GOLDIN: Well, Lincoln wrestled with that. When one thinks about what went on in the White House during the Civil War, one thinks about Lincoln just physically wrestling with all of these difficult issues. In fact, the slaves were purchased in the District of Columbia.

He was doing calculations about how we could pay slave owners for their property. For the longest time, one of the central issues in Lincoln’s mind was that property was extremely important to protect, and slaves were property, so we would have to buy out the slaves. He made lots of different calculations.

Of course, there were many different emancipation programs that preceded that. In fact, you may know that the North had slaves. New York did. New Jersey did, and by acts of the legislature, slaves were freed as of a certain age. That was what was called gradual emancipation. It wasn’t very good emancipation, and it could have had some horrific effects. In fact, one of the effects was that slaves were shipped from these northern areas to the South.

There were lots of different potential programs. One of the things that Frank Lewis and I did when we computed the cost of the Civil War was, we were essentially telling Lincoln, “Oops, you should have done it.”

COWEN: What best predicted anti-immigration sentiment in the 1920s?

GOLDIN: Well, what probably best predicted it was a combination — it appeared from some ancient work I’ve done — of areas that got immigrants, and had reduced the opportunities for others in the area, and for whom the immigrant groups that were there already were not the ones who were flooding in. One could think of the various parts of the country.

Ironically, the South was really pro-immigrant for the longest time because it viewed these immigrants as a wonderful substitute for a labor force that was migrating north and had, for decades, not been slave. So, the South was pro-immigrant. They became anti-immigrant only when they realized that immigrants weren’t going there, and when they were going there, they were Italians, and they were dark. These were pretty racist people.
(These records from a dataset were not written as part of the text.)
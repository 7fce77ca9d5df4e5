-- ===== src/Tests/Stored.antt =====
-- The theorems on stored messages at concrete inputs.
use emerald_rs.Prelude.{
  map, ℕ, zero, suc, ◌≡◌, refl, none, some, List, [], ◌∷◌, replicate, false, Result, ok, err, arith,
  All,
}
use emerald_rs.Prelude.Bytes.{IsByte, be_bytes}
use emerald_rs.Chains.{Blockchain, as_u32}
use emerald_rs.Structs.{
  StandardHdPath, pubkey, Wallet, private_key_ref, ethereum_address, Seed, SeedSource,
  ConversionError, next_entry_id, max_id,
}
use emerald_rs.Convert.Books.{BookmarkDetails, IsStorableBook, book_to_bytes, book_to_proto}
use emerald_rs.Convert.Addresses.{address_to_proto}
use emerald_rs.Ethereum.Address.{address_to_string}
use emerald_rs.Tests.Messages.{convert_lib, book_wire, wallet_wire, seed_wire, key_wire}
use emerald_rs.Convert.Wallets.{
  wallet_to_bytes, wallet_from_bytes, wallet_to_proto, entry_to_proto, reserve_all,
}
use emerald_rs.Convert.Wallets.RoundTrip.{
  IsStorableWallet, entry_in_millis, wallet_from_bytes-wallet_to_bytes,
}
use emerald_rs.Convert.Seeds.{seed_to_bytes, seed_from_bytes, seed_to_proto, ledger_to_proto}
use emerald_rs.Convert.Seeds.RoundTrip.{seed_from_bytes-seed_to_bytes}
use emerald_rs.Convert.Keys.{pk_to_bytes, pk_from_bytes, pk_to_proto}
use emerald_rs.Convert.Keys.RoundTrip.{holder_in_millis, decrypt_holder-pk_from_bytes}
use emerald_rs.Convert.Secrets.{encrypted_to_proto}
use emerald_rs.Structs.Secrets.{get_iv, get_message}
use emerald_rs.Crypto.{decrypt_holder, create_with_salt}
use emerald_rs.Tests.Instances.{crypto_lib}
use emerald_rs.Tests.Phrases.{message, salt, iv, holder, holder_made}

IsByte-sevens : (n : ℕ) → All IsByte (replicate n 7)
IsByte-sevens zero = tt
IsByte-sevens (suc n) = (omega arith, IsByte-sevens n)

abbrev path : StandardHdPath
path = record { purpose = pubkey; coin_type = 60; account = 0; change = 0; index = 0 }

abbrev pub written_bytes : Result ConversionError (List ℕ) → List ℕ
written_bytes (ok bs) = bs
written_bytes (err _) = []

abbrev pub bookmark : BookmarkDetails
bookmark = record {
  blockchain = Blockchain.ethereum;
  label = some "main";
  description = none;
  address = ethereum_address (replicate 20 7);
  created_at = 5_000_000;
}

abbrev pub bookmark_bytes : List ℕ
unfolding book_to_bytes book_to_proto address_to_proto
bookmark_bytes = written_bytes (book_to_bytes convert_lib book_wire bookmark)

pub bookmark_written : book_to_bytes convert_lib book_wire bookmark ≡ ok bookmark_bytes
unfolding book_to_bytes book_to_proto address_to_proto address_to_string as_u32 bookmark_bytes
bookmark_written = refl

pub bookmark-IsStorableBook : IsStorableBook convert_lib bookmark
bookmark-IsStorableBook = record {
  label_kept = λ h. cc;
  description_kept = λ h. cc;
  address_kept = (refl, IsByte-sevens 20);
  date_kept = omega arith;
}

abbrev pub wallet : Wallet
wallet = record {
  id = 5;
  label = some "main";
  entries =
      record {
        id = 2;
        label = none;
        blockchain = Blockchain.ethereum;
        address = some (ethereum_address (replicate 20 7));
        key = private_key_ref 9;
        receive_disabled = false;
        created_at = 1_600_000_123_456_789;
      }
      ∷ [];
  entry_seq = 1;
  reserved = [];
  created_at = 1_600_000_123_456_789;
}

abbrev pub wallet_bytes : List ℕ
wallet_bytes = written_bytes (wallet_to_bytes convert_lib wallet_wire wallet)

pub wallet_written : wallet_to_bytes convert_lib wallet_wire wallet ≡ ok wallet_bytes
unfolding wallet_to_bytes wallet_to_proto entry_to_proto address_to_proto address_to_string as_u32
    reserve_all be_bytes
wallet_written = refl

pub wallet-IsStorableWallet : IsStorableWallet convert_lib wallet
unfolding next_entry_id max_id
wallet-IsStorableWallet = record {
  uuid = omega arith;
  label_kept = λ h. cc;
  entries_kept = (
    record {
      small_id = omega arith;
      label_kept = λ h. cc;
      address_kept = (refl, IsByte-sevens 20);
      key_kept = omega arith;
      date_kept = omega arith;
    },
    tt,
  );
  small_seq = omega arith;
  reserved_kept = tt;
  date_kept = omega arith;
}

wallet_from_bytes-wallet_to_bytes_example :
    wallet_from_bytes convert_lib wallet_wire wallet_bytes
    ≡ ok (record wallet {
      entries = map entry_in_millis wallet.entries;
      entry_seq = 3;
      created_at = 1_600_000_123_000_000;
    })
unfolding next_entry_id max_id reserve_all
wallet_from_bytes-wallet_to_bytes_example =
    wallet_from_bytes-wallet_to_bytes convert_lib wallet_wire wallet wallet_bytes
      wallet-IsStorableWallet wallet_written

abbrev pub ledger_seed : Seed
ledger_seed = record {
  id = 6;
  source =
      SeedSource.ledger
        (record { fingerprints = record { hd_path = path; value = replicate 32 7 } ∷ [] });
  label = none;
  created_at = 55_000_001;
}

abbrev seed_bytes : List ℕ
seed_bytes = written_bytes (seed_to_bytes convert_lib seed_wire ledger_seed)

seed_written : seed_to_bytes convert_lib seed_wire ledger_seed ≡ ok seed_bytes
unfolding seed_to_bytes seed_to_proto ledger_to_proto be_bytes
seed_written = refl

seed_from_bytes-seed_to_bytes_example :
    seed_from_bytes convert_lib seed_wire seed_bytes
    ≡ ok (record ledger_seed {
      source = SeedSource.ledger (record { fingerprints = [] });
      created_at = 55_000_000;
    })
seed_from_bytes-seed_to_bytes_example =
    seed_from_bytes-seed_to_bytes convert_lib seed_wire ledger_seed seed_bytes
      (record {
        uuid = omega arith;
        label_kept = λ h. cc;
        source_kept = tt;
        date_kept = omega arith;
      })
      seed_written

abbrev key_bytes : List ℕ
key_bytes = written_bytes (pk_to_bytes convert_lib key_wire holder)

key_written : pk_to_bytes convert_lib key_wire holder ≡ ok key_bytes
unfolding pk_to_bytes pk_to_proto address_to_string encrypted_to_proto get_iv get_message be_bytes
    create_with_salt
key_written = refl

decrypt_holder-pk_from_bytes_example :
    (pk_from_bytes convert_lib key_wire key_bytes ≡ ok (holder_in_millis holder))
    × (decrypt_holder crypto_lib (holder_in_millis holder) "testtest" ≡ ok message)
decrypt_holder-pk_from_bytes_example =
    decrypt_holder-pk_from_bytes convert_lib crypto_lib key_wire message "testtest" salt (some iv) 4
      9 holder key_bytes refl (omega arith) (omega arith) (refl, IsByte-sevens 20) holder_made
      key_written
In the North, the places that began to shift being anti-immigrant — and I was looking more at the shifts of voting for legislation that would put in place rules for literacy — those places were places that did not have large numbers of people from eastern, central, and southern Europe. The people there went on slamming the door in the face of their relatives.

COWEN: Very last question. Your book is coming out. Again, that book is Career and Family: Women’s Century‑Long Journey toward Equity by Claudia Goldin. Other than promoting your book, what will you be doing next?

GOLDIN: Oh, wonderful. I’m working on a couple of projects. This is a lot of fun. There was something called the Lanham Act that was passed in 1940 that was for infrastructure for America — lots of money. By 1942–43, it was pretty clear that America needed to — in fighting this war at home, in producing goods for the Allies, we needed to have women employed. So, the Lanham Act funds were repurposed for nursery schools and after-school programs.

What we’re doing with Joe Ferrie and Claudia Olivetti is finding out exactly where these Lanham schools were. Through the amazing ability that exists now, we can figure out whether individuals who were three to six years old during some period had some high probability of going to a Lanham school, what happened to them 50 years later. That’s one of the things I’m doing.

Another thing is trying to figure out why men who are fathers do so well relative to women who are mothers. That’s another piece to the puzzle.

COWEN: Claudia Goldin, thank you very much.

GOLDIN: It was a real pleasure to meet you almost in person, Tyler.